§ **Work task**
Go through the listing and transcribe each line exactly.

§ **The records**
== == ==

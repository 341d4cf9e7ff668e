-- ===== src/Proto.antt =====
-- proto/: the protocol of the control connection, on both ends; version 2 is in Multiplex.
pub mod Static
pub mod Failure
pub mod Conn
pub mod Uuid
pub mod Commands
pub mod Server
pub mod Client
pub mod Multiplex
pub mod Handshake
pub mod Delivery
pub mod Samples
pub mod Scenarios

== == ==

§ **Response to the task**
repository 341d4cf9e7ff668e
-- ===== src/Proto.antt =====
-- proto/: the protocol of the control connection, on both ends; version 2 is in Multiplex.
pub mod Static
pub mod Failure
pub mod Conn
pub mod Uuid
pub mod Commands
pub mod Server
pub mod Client
pub mod Multiplex
pub mod Handshake
pub mod Delivery
pub mod Samples
pub mod Scenarios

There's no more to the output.